[Saved entries]
○ ○ ○ ○

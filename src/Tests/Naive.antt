-- ===== src/Tests/Naive.antt =====
-- A source file that includes a header, for Extensions/HeaderScanner/naivePreprocessor_.cpp.
use buildpal.Prelude.{
  ℕ, true, false, ◌≡◌, ◌≢◌, ◌⊎◌, refl, Option, some, List, [], ◌∷◌, arith, units, text_discrete,
  take, drop,
}
use buildpal.Prelude.Assoc.{lookup}
use buildpal.HeaderScanner.IncludeFinder.{
  IncludeDirective, RawToken, hash, raw_identifier, string_literal, other, in_text, directive,
  NaiveCache,
}
use buildpal.HeaderScanner.Naive.{NaiveState, Found, done, gives_up, no_fuel, visited, run}
use buildpal.HeaderScanner.Naive.Includes.{includes_of, prefix}
use buildpal.HeaderScanner.Naive.Closure.{IsTrue}
use buildpal.HeaderScanner.Naive.Work.{fresh_work}
use buildpal.HeaderScanner.Naive.Ends.{run-ends}
use buildpal.HeaderScanner.Naive.Named.{Reported}
use buildpal.HeaderScanner.Naive.Reaches.{itself, includes, first, run-Reaches}

-- file 1 includes file 2, which includes file 2
abbrev pub texts : ℕ → List RawToken
texts file = hash ∷ raw_identifier (units "include") ∷ string_literal (units "'a.h'") ∷ other ∷ []

abbrev header : Found
header = record { file = 2; search_path = units "c:/inc"; relative_path = units "a.h" }

abbrev pub looks_up : ℕ → IncludeDirective → Option Found
looks_up file d = some header

abbrev pub dirs : ℕ → List ℕ
dirs file = units "c:/src"

some-header : (f : Found) → some header ≡ some f → visited f.file (2 ∷ []) ≡ true
unfolding visited
some-header f e = ground (arith, e)

pub in_files :
    (file : ℕ) (d : IncludeDirective) (f : Found)
    → looks_up file d ≡ some f
    → visited f.file (2 ∷ []) ≡ true
in_files file d f e = some-header f e

pub cold-IsTrue : IsTrue looks_up texts dirs []
unfolding IsTrue lookup
cold-IsTrue = λ file e found whole. cc

run-ends_example : run looks_up texts dirs 20 [] (units "a.cpp") 1 [] ≢ no_fuel
run-ends_example =
    run-ends looks_up texts dirs (2 ∷ []) in_files 20 [] (units "a.cpp") 1 [] cold-IsTrue
      (unfold fresh_work visited in omega arith)

abbrev a_h : IncludeDirective
a_h = record { filename = units "a.h"; is_angled = false }

texts-includes_of : includes_of in_text (texts 1) ≡ some (a_h ∷ [])
unfolding includes_of prefix directive text_discrete take drop
texts-includes_of = refl

run-Reaches_example :
    ((c : NaiveCache) × (run looks_up texts dirs 20 [] (units "a.cpp") 1 [] ≡ gives_up c))
    ⊎ ((t : NaiveState) × ((run looks_up texts dirs 20 [] (units "a.cpp") 1 [] ≡ done t)
          × ((header.file ≡ 1)
              ⊎ ((visited header.file t.already_visited ≡ true)
                  × Reported looks_up texts dirs (units "a.cpp") 1 t.all_headers header.file))))
run-Reaches_example =
    run-Reaches looks_up texts dirs (2 ∷ []) in_files 20 [] (units "a.cpp") 1 2 [] cold-IsTrue
      (unfold fresh_work visited in omega arith)
      (includes {f = header} itself texts-includes_of first refl)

○ ○ ○ ○

*How to complete this task:* Some lines above contain the word "dirs". Copy each of them.

*Solved exercise:*
abbrev pub dirs : ℕ → List ℕ
dirs file = units "c:/src"
pub cold-IsTrue : IsTrue looks_up texts dirs []
run-ends_example : run looks_up texts dirs 20 [] (units "a.cpp") 1 [] ≢ no_fuel
    run-ends looks_up texts dirs (2 ∷ []) in_files 20 [] (units "a.cpp") 1 [] cold-IsTrue
    ((c : NaiveCache) × (run looks_up texts dirs 20 [] (units "a.cpp") 1 [] ≡ gives_up c))
    ⊎ ((t : NaiveState) × ((run looks_up texts dirs 20 [] (units "a.cpp") 1 [] ≡ done t)
                  × Reported looks_up texts dirs (units "a.cpp") 1 t.all_headers header.file))))
    run-Reaches looks_up texts dirs (2 ∷ []) in_files 20 [] (units "a.cpp") 1 2 [] cold-IsTrue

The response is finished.